# building a deer hunting shack, any suggestions?



## jaredm_22 (Jul 8, 2006)

Hey guys, my dad and I are currently building a hunting shack. The base is 6' by 6' and it's 7' tall. The outside will be plywood and the inside will be old wood paneling. Just wondering what color we should paint it? I'm thinking the interior should be a dark color, but looking for input on what color to paint the interior and exterior? The shack will be set up against trees along the edge of a field. Would it be worthwhile to make a camo pattern on the outside?

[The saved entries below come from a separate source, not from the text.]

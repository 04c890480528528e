-- ===== src/Engine/Containers.antt =====
-- std::map and std::set by (session, cl_id), as the engine uses them, as lists in iteration order;
-- an iterator into the map is the key of its node. session_range of cpp/include/mm/engine.hpp.
use market_maker_proto.Prelude.{
  ℕ, Bool, false, ◌==◌, if◌then◌else◌, List, [], ◌∷◌, ◌++◌, map, Option, none, some,
}
use market_maker_proto.Engine.Keys.{OrderKey, key_lt, key_eq}

module _ {A : Type 0} where
  abbrev pub take_while : (A → Bool) → List A → List A
  take_while p [] = []
  take_while p (x ∷ xs) = let rest = take_while p xs in if p x then x ∷ rest else []

  abbrev pub drop_while : (A → Bool) → List A → List A
  drop_while p [] = []
  drop_while p (x ∷ xs) = let rest = drop_while p xs in if p x then rest else x ∷ xs

abbrev pub Map : Type 0 → Type 0
Map V = List (OrderKey × V)

abbrev pub keys : {V : Type 0} → Map V → List OrderKey
keys m = map (λ e. e.0) m

module _ {V : Type 0} where
  -- The iterator that lower_bound returns, as the entries from it on.
  unfoldable pub lower_bound : OrderKey → Map V → Map V
  lower_bound k m = drop_while (λ e. key_lt e.0 k) m

  -- The test of an iterator against end() and the key.
  unfoldable pub points_at : OrderKey → Map V → Bool
  points_at k [] = false
  points_at k ((j, v) ∷ m) = key_eq j k

  unfoldable pub find : OrderKey → Map V → Option V
  find k [] = none
  find k ((j, v) ∷ m) = let rest = find k m in if key_eq j k then some v else rest

  -- emplace_hint at the lower bound: a present key stays.
  unfoldable pub emplace : OrderKey → V → Map V → Map V
  emplace k v [] = (k, v) ∷ []
  emplace k v ((j, w) ∷ m) =
      let rest = emplace k v m in
      if key_lt j k then (j, w) ∷ rest else if key_lt k j then (k, v) ∷ (j, w) ∷ m else (j, w) ∷ m

  -- A write through the iterator at `k`.
  unfoldable pub update_at : OrderKey → (V → V) → Map V → Map V
  update_at k f [] = []
  update_at k f ((j, w) ∷ m) =
      let rest = update_at k f m in if key_eq j k then (j, f w) ∷ m else (j, w) ∷ rest

  abbrev pub map_vals : (V → V) → Map V → Map V
  map_vals f [] = []
  map_vals f ((k, v) ∷ m) = (k, f v) ∷ map_vals f m

unfoldable pub idx_insert : OrderKey → List OrderKey → List OrderKey
idx_insert k [] = k ∷ []
idx_insert k (j ∷ l) =
    let rest = idx_insert k l in
    if key_lt j k then j ∷ rest else if key_lt k j then k ∷ j ∷ l else j ∷ l

unfoldable pub idx_erase : OrderKey → List OrderKey → List OrderKey
idx_erase k [] = []
idx_erase k (j ∷ l) = let rest = idx_erase k l in if key_eq j k then l else j ∷ rest

abbrev pub session_floor : ℕ → OrderKey
session_floor session = (session, [])

-- [lo, hi) of a session's elements, and what stays when the range is erased.
module _ {A : Type 0} (key : A → OrderKey) (session : ℕ) where
  unfoldable pub from_floor : List A → List A
  from_floor c = drop_while (λ a. key_lt (key a) (session_floor session)) c

  unfoldable pub session_range : List A → List A
  unfolding from_floor
  session_range c = take_while (λ a. (key a).0 == session) (from_floor c)

  unfoldable pub erase_range : List A → List A
  unfolding from_floor
  erase_range c =
      take_while (λ a. key_lt (key a) (session_floor session)) c
      ++ drop_while (λ a. (key a).0 == session) (from_floor c)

Any suggestions are appreciated, thanks!


----------



## Sasha and Abby (May 11, 2004)

Place it where you can get to it and leave it without alerting the deer - stane placement is mucho important.


----------



## barebackjack (Sep 5, 2006)

Your not gonna hide something that 6x6x7. Id paint it neutral colors, mostly just to keep it from deteriorating.


----------



## mike landrich (Jul 5, 2008)

As barebackjack said, neutral colors, but, since its against trees, I'd paint some vertical stripes to imitate the tree trunks.


----------



## jaredm_22 (Jul 8, 2006)

thanks for the suggestions guys! keep 'em coming, will be painting this coming weekend or the next


----------



## pat_est (Sep 5, 2008)

i would paint the inside black and put carpet on the floor and up the sides where you would rest your gun to keep the sound down and put up a couple of j hooks to hang you bow from if you use it to bow hunt out of any


----------